#### [Exercise instructions]
Count every line in the entries that holds the word "zero". The reply is that count alone.

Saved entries
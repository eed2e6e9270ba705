-- ===== src/Mpt/Reporting.antt =====
-- What a request that changes something reports, against what the marking system was asked
-- (apps/api/src/http-mpt.adapter.ts).
use mark_solutions.Base.{
  ℕ, zero, suc, ◌+◌, ◌≤◌, ◌≡◌, refl, ◌∙◌, Bool, true, false, ◌&&◌, ◌||◌, not, Option, none, some,
  ◌∷◌, arith, ltb, leb, ◌==◌, if_has, length, Text,
}
use mark_solutions.Mpt.{
  Config, Response, Request, Call, Line, MptError, permanent, unknown_result, network, temporary,
  invalid, raw, broken_off, out_of_rounds, Outcome, returned, thrown, Reply, and_then, call_of,
  Round, again, stop, raw_fetch, ensure_token, refresh_by, or_again, refresh, answered, try_send,
  after_throw, after_refresh, judge, after_answer, after_try, round, then_round, rounds, request,
}
use mark_solutions.Mpt.Tally.{
  one_if, is_send, accepted, doubtful, is_returned, is_unknown, is_cut, Quiet, ensure_token-Quiet,
  refresh_by-Quiet,
}

-- An end says what happened: a result, that one request was accepted, an exception, that none was, but
-- for the one of an answer that breaks off; and no request is in doubt unless the exception says so or
-- the answer has broken off; and no more than one in all is accepted or in doubt.
abbrev Told : Line → Outcome Reply → Line → Type 0
Told l out l' =
    (accepted l.log + one_if (is_returned out) ≤ accepted l'.log)
    × (accepted l'.log ≤ accepted l.log + one_if (is_returned out || is_cut out))
    × (doubtful l'.log ≤ doubtful l.log + one_if (is_unknown out || is_cut out))
    × (accepted l'.log + doubtful l'.log
        ≤ accepted l.log
          + doubtful l.log
          + one_if (is_returned out || (is_unknown out || is_cut out)))

ToldRound : Line → Round → Type 0
ToldRound l (again renewed l') = Quiet l l'
ToldRound l (stop out l') = Told l out l'

-- What the `try` gives.
Tried : Line → Outcome Response × Line → Type 0
Tried l (returned r, l') =
    (accepted l'.log ≡ accepted l.log + one_if (ltb r.status 400))
    × (doubtful l'.log ≡ doubtful l.log + one_if (leb 500 r.status))
Tried l (thrown (permanent s p), l') = Quiet l l'
Tried l (thrown _, l') = (accepted l'.log ≡ accepted l.log) × (doubtful l'.log ≤ doubtful l.log + 1)

thrown_Tried : (l : Line) (e : MptError) (l' : Line) → Quiet l l' → Tried l (thrown e, l')
unfolding Tried
thrown_Tried l (permanent s p) l' h = h
thrown_Tried l (unknown_result p) l' h = (h.0, omega (arith, h.1))
thrown_Tried l (network p) l' h = (h.0, omega (arith, h.1))
thrown_Tried l (temporary s p) l' h = (h.0, omega (arith, h.1))
thrown_Tried l invalid l' h = (h.0, omega (arith, h.1))
thrown_Tried l raw l' h = (h.0, omega (arith, h.1))
thrown_Tried l broken_off l' h = (h.0, omega (arith, h.1))
thrown_Tried l out_of_rounds l' h = (h.0, omega (arith, h.1))

module _ (c : Config) (replies : ℕ → Option Response) where
  answered-Tried :
      (call : Call) (l l' : Line) (a : Option Response)
      → is_send call ≡ true
      → Quiet l l'
      → Tried l
          (answered c replies (a, record l' { log = record { call = call; answer = a } ∷ l'.log }))
  unfolding Tried
  answered-Tried call l l' none s h = rw s (omega (arith, h.0), omega (arith, h.1))
  answered-Tried call l l' (some r) s h = rw s (omega (arith, h.0), omega (arith, h.1))

  -- Where no token is to be had, nothing is sent.
  and_then-Tried :
      (q : Request) (l : Line) (r : Outcome (Option Text) × Line)
      → Quiet l r.1
      → Tried l
          (and_then r (λ token l'. answered c replies (raw_fetch c replies (call_of q token) l')))
  and_then-Tried q l (returned token, l') h =
      answered-Tried (call_of q token) l l' (replies (length l'.log)) refl h
  and_then-Tried q l (thrown e, l') h = thrown_Tried l e l' h

  try_send-Tried : (q : Request) (l : Line) → Tried l (try_send c replies q l)
  unfolding try_send
  try_send-Tried q l =
      and_then-Tried q l (ensure_token c replies l) (ensure_token-Quiet c replies l)

  or_again-Told :
      (q : Request) (retry : ℕ) (renewed : Bool) (e : MptError) (l l' : Line)
      → q.mutating ≡ true
      → accepted l'.log ≡ accepted l.log
      → doubtful l'.log ≤ doubtful l.log + 1
      → ToldRound l (or_again c replies q retry renewed e l')
  unfolding ToldRound
  or_again-Told q retry renewed e l l' m a d =
      rw m (omega (arith, a), omega (arith, a), omega (arith, d), omega (arith, a, d))

  after_throw-Told :
      (q : Request) (retry : ℕ) (renewed : Bool) (e : MptError) (l l' : Line)
      → q.mutating ≡ true
      → Tried l (thrown e, l')
      → ToldRound l (after_throw c replies q retry renewed e l')
  unfolding ToldRound Tried after_throw
  after_throw-Told q retry renewed (permanent s p) l l' m h =
      (omega (arith, h.0), omega (arith, h.0), omega (arith, h.1), omega (arith, h.0, h.1))
  after_throw-Told q retry renewed (unknown_result p) l l' m h =
      or_again-Told q retry renewed (network q.path) l l' m h.0 h.1
  after_throw-Told q retry renewed (network p) l l' m h =
      or_again-Told q retry renewed (network q.path) l l' m h.0 h.1
  after_throw-Told q retry renewed (temporary s p) l l' m h =
      or_again-Told q retry renewed (network q.path) l l' m h.0 h.1
  after_throw-Told q retry renewed invalid l l' m h =
      or_again-Told q retry renewed (network q.path) l l' m h.0 h.1
  after_throw-Told q retry renewed raw l l' m h =
      or_again-Told q retry renewed (network q.path) l l' m h.0 h.1
  after_throw-Told q retry renewed broken_off l l' m h =
      or_again-Told q retry renewed (network q.path) l l' m h.0 h.1
  after_throw-Told q retry renewed out_of_rounds l l' m h =
      or_again-Told q retry renewed (network q.path) l l' m h.0 h.1

  judge-Told :
      (q : Request) (retry : ℕ) (renewed : Bool) (r : Response) (l l' : Line)
      → q.mutating ≡ true
      → Tried l (returned r, l')
      → ToldRound l (judge c replies q retry renewed r l')
  unfolding ToldRound Tried judge
  judge-Told q retry renewed r l l' m h =
      if_has (ToldRound l) (r.status == 401) _ _
        (λ denied. (ground arith, ground arith, ground arith, ground arith))
        λ other.
          if_has (ToldRound l) (leb 500 r.status) _ _
            (λ failing. rw m (ground arith, ground arith, ground arith, ground arith))
            λ working.
              if_has (ToldRound l) (leb 400 r.status) _ _
                (λ refused. (ground arith, ground arith, ground arith, ground arith))
                (λ taken. (ground arith, ground arith, ground arith, ground arith))

  cut-Told :
      (r : Response) (l l' : Line)
      → Tried l (returned r, l')
      → ToldRound l (stop (thrown broken_off) l')
  unfolding ToldRound Tried
  cut-Told r l l' h = (ground arith, ground arith, ground arith, ground arith)

  -- A first 401 accepts nothing and leaves nothing in doubt.
  denied-Quiet :
      (r : Response) (l l' : Line)
      → (r.status == 401) ≡ true
      → Tried l (returned r, l')
      → Quiet l l'
  unfolding Tried
  denied-Quiet r l l' denied h = ground arith

  after_refresh-Told :
      (l l' : Line) (r : Outcome (Unit {0}) × Line)
      → Quiet l l'
      → Quiet l' r.1
      → ToldRound l (after_refresh c replies r)
  unfolding ToldRound
  after_refresh-Told l l' (returned u, l'') h k = (k.0 ∙ h.0, k.1 ∙ h.1)
  after_refresh-Told l l' (thrown e, l'') h k = (
    omega (arith, h.0, k.0),
    omega (arith, h.0, k.0),
    omega (arith, h.1, k.1),
    omega (arith, h.0, k.0, h.1, k.1),
  )

  after_answer-Told :
      (q : Request) (retry : ℕ) (renewed : Bool) (r : Response) (l l' : Line)
      → q.mutating ≡ true
      → Tried l (returned r, l')
      → ToldRound l (after_answer c replies q retry renewed r l')
  unfolding after_answer refresh
  after_answer-Told q retry renewed r l l' m h =
      if_has (ToldRound l) ((r.status == 401) && not renewed) _ _
        (λ first.
          after_refresh-Told l l' (refresh_by c replies l'.refresh_token l')
            (denied-Quiet r l l' (ground arith) h) (refresh_by-Quiet c replies l'.refresh_token l'))
        λ later.
          if_has (ToldRound l) r.breaks_off _ _ (λ broken. cut-Told r l l' h)
            λ whole. judge-Told q retry renewed r l l' m h

  after_try-Told :
      (q : Request) (retry : ℕ) (renewed : Bool) (l : Line) (r : Outcome Response × Line)
      → q.mutating ≡ true
      → Tried l r
      → ToldRound l (after_try c replies q retry renewed r)
  unfolding after_try
  after_try-Told q retry renewed l (returned r, l') m h =
      after_answer-Told q retry renewed r l l' m h
  after_try-Told q retry renewed l (thrown e, l') m h = after_throw-Told q retry renewed e l l' m h

  then_round-Told :
      (l : Line) (r : Round) (f : Bool → Line → Outcome Reply × Line)
      → ToldRound l r
      → ((renewed : Bool) (l' : Line) → Told l' (f renewed l').0 (f renewed l').1)
      → Told l (then_round c replies r f).0 (then_round c replies r f).1
  unfolding ToldRound
  then_round-Told l (again renewed l') f h told = rw (← h.0, ← h.1) (told renewed l')
  then_round-Told l (stop out l') f h told = h

  rounds-Told :
      (fuel : ℕ) (q : Request) (retry : ℕ) (renewed : Bool) (l : Line)
      → q.mutating ≡ true
      → Told l
          (rounds c replies fuel q retry renewed l).0
          (rounds c replies fuel q retry renewed l).1
  unfolding rounds round
  rounds-Told zero q retry renewed l m = (omega arith, omega arith, omega arith, omega arith)
  rounds-Told (suc fuel) q retry renewed l m =
      then_round-Told l (round c replies q retry renewed l) _
        (after_try-Told q retry renewed l (try_send c replies q l) m (try_send-Tried q l))
        (λ renewed' l'. rounds-Told fuel q (suc retry) renewed' l' m)

-- A request that changes something reports what the marking system was asked: where it returns, one copy
-- of it was accepted, and an exception means that none was, unless the connection has failed while the
-- body of an answer was read. No copy is left in doubt, except with an unknown result or after such a
-- failure. At most one copy is accepted or in doubt in all, so that none is ever carried out twice.
pub request-Told :
    (c : Config) (replies : ℕ → Option Response) (q : Request) (l : Line)
    → q.mutating ≡ true
    → let (out, l') = request c replies q l in
      (accepted l.log + one_if (is_returned out) ≤ accepted l'.log)
      × (accepted l'.log ≤ accepted l.log + one_if (is_returned out || is_cut out))
      × (doubtful l'.log ≤ doubtful l.log + one_if (is_unknown out || is_cut out))
      × (accepted l'.log + doubtful l'.log
          ≤ accepted l.log
            + doubtful l.log
            + one_if (is_returned out || (is_unknown out || is_cut out)))
unfolding request
request-Told c replies q l m = rounds-Told c replies (c.max_retries + 2) q 0 false l m
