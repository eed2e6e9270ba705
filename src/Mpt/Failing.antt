-- ===== src/Mpt/Failing.antt =====
-- What a permanent failure of a submission means (apps/api/src/http-mpt.adapter.ts): the marking
-- system has taken nothing.
use mark_solutions.Base.{
  ℕ, ◌+◌, ◌≤◌, ◌≡◌, refl, Bool, true, false, ◌||◌, not, Option, arith, if_has, Text, text,
}
use mark_solutions.Mpt.Values.{Json, is_null}
use mark_solutions.Mpt.{
  Config, Response, Request, Line, MptError, permanent, unknown_result, network, temporary, invalid,
  raw, broken_off, out_of_rounds, Outcome, returned, thrown, Reply, and_then, request,
}
use mark_solutions.Mpt.Tally.{accepted, doubtful, one_if, is_returned, is_unknown, is_cut}
use mark_solutions.Mpt.Reporting.{request-Told}
use mark_solutions.Mpt.Messages.{
  MptOrderInput, order_request, place_of, UtilisationInput, ImportInput, WithdrawalInput, to_int32,
  post_request, utilisation_body,
}
use mark_solutions.Mpt.Answers.{reading, read_order, read_submitted}
use mark_solutions.Mpt.Calls.{
  read, placed, create_order, submit_utilisation, submit_import, submit_withdrawal,
}

abbrev pub is_permanent : {A : Type 0} → Outcome A → Bool
is_permanent (thrown (permanent s p)) = true
is_permanent _ = false

-- An end against what happened between two states: with a result, a request was accepted; and one at
-- most was accepted or left in doubt, none where the failure is permanent.
abbrev pub Honest : {A : Type 0} → Line → Outcome A × Line → Type 0
Honest l (out, l') =
    (accepted l.log + one_if (is_returned out) ≤ accepted l'.log)
    × (accepted l'.log + doubtful l'.log
        ≤ accepted l.log + doubtful l.log + one_if (not (is_permanent out)))

-- A failure of the request itself.
thrown_Honest :
    (A : Type 0) (e : MptError) (l l' : Line)
    → accepted l.log + 0 ≤ accepted l'.log
    → accepted l'.log + doubtful l'.log
      ≤ accepted l.log
        + doubtful l.log
        + one_if (is_unknown {A = Reply} (thrown e) || is_cut {A = Reply} (thrown e))
    → Honest {A = A} l (thrown e, l')
thrown_Honest A (permanent s p) l l' a d = (omega (arith, a), omega (arith, a, d))
thrown_Honest A (unknown_result p) l l' a d = (omega (arith, a), omega (arith, a, d))
thrown_Honest A (network p) l l' a d = (omega (arith, a), omega (arith, a, d))
thrown_Honest A (temporary s p) l l' a d = (omega (arith, a), omega (arith, a, d))
thrown_Honest A invalid l l' a d = (omega (arith, a), omega (arith, a, d))
thrown_Honest A raw l l' a d = (omega (arith, a), omega (arith, a, d))
thrown_Honest A broken_off l l' a d = (omega (arith, a), omega (arith, a, d))
thrown_Honest A out_of_rounds l l' a d = (omega (arith, a), omega (arith, a, d))

reading-Honest :
    {A : Type 0} (f : Json → A) (l : Line) (r : Outcome Reply × Line)
    → accepted l.log + one_if (is_returned r.0) ≤ accepted r.1.log
    → accepted r.1.log + doubtful r.1.log
      ≤ accepted l.log + doubtful l.log + one_if (is_returned r.0 || (is_unknown r.0 || is_cut r.0))
    → Honest l (and_then r (reading f))
reading-Honest {A = A} f l (returned r, l') a d =
    if_has (λ (x : Outcome A × Line). Honest l x) (is_null r.data_of) _ _
      (λ empty. (omega (arith, a), omega (arith, a, d)))
      λ full. (omega (arith, a), omega (arith, a, d))
reading-Honest {A = A} f l (thrown e, l') a d = thrown_Honest A e l l' a d

module _ (c : Config) (replies : ℕ → Option Response) (encode_uri_component : Text → Text)
    (base64_json : Json → Text) where
  read-Honest :
      {A : Type 0} (q : Request) (f : Json → A) (l : Line)
      → q.mutating ≡ true
      → Honest l (read c replies encode_uri_component base64_json q f l)
  read-Honest q f l m =
      let told = request-Told c replies q l m in
      reading-Honest f l (request c replies q l) told.0 told.3

  placed-Honest :
      {A B : Type 0} (p : Outcome A) (f : A → Line → Outcome B × Line) (l : Line)
      → ((a : A) → Honest l (f a l))
      → Honest l (placed c replies encode_uri_component base64_json p f l)
  placed-Honest (returned a) f l honest = honest a
  placed-Honest (thrown e) f l honest = (omega arith, omega arith)

pub create_order-Honest :
    (c : Config) (replies : ℕ → Option Response) (encode_uri_component : Text → Text)
    (base64_json : Json → Text) (o : MptOrderInput) (l : Line)
    → Honest l (create_order c replies encode_uri_component base64_json o l)
unfolding create_order
create_order-Honest c replies encode base64 o l =
    placed-Honest c replies encode base64 (place_of c o.business_place_id) _ l
      λ place. read-Honest c replies encode base64 (order_request c o place) read_order l refl

-- The four submissions (an order, a report, an import and a withdrawal), whatever the network answers:
-- one that returns was accepted; at most one request of it was accepted or left in doubt; and none
-- where the failure is permanent, so what the poller then gives up was not carried out.
pub submissions-Honest :
    (c : Config) (replies : ℕ → Option Response) (encode_uri_component : Text → Text)
    (base64_json : Json → Text) (o : MptOrderInput) (u : UtilisationInput) (i : ImportInput)
    (w : WithdrawalInput) (operation_id : Text) (l : Line)
    → Honest l (create_order c replies encode_uri_component base64_json o l)
      × Honest l (submit_utilisation c replies encode_uri_component base64_json u operation_id l)
      × Honest l (submit_import c replies encode_uri_component base64_json i l)
      × Honest l (submit_withdrawal c replies encode_uri_component base64_json w operation_id l)
unfolding submit_utilisation submit_import submit_withdrawal
submissions-Honest c replies encode base64 o u i w operation_id l = (
  create_order-Honest c replies encode base64 o l,
  placed-Honest c replies encode base64 (to_int32 u.business_place_id) _ l λ place.
      read-Honest c replies encode base64
        (post_request (text "/api/utilisation") (utilisation_body u place) operation_id)
        (read_submitted (text "reportId")) l refl,
  read-Honest c replies encode base64 _ (read_submitted (text "documentId")) l refl,
  read-Honest c replies encode base64 _ (read_submitted (text "documentId")) l refl,
)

#### [Final answer]
2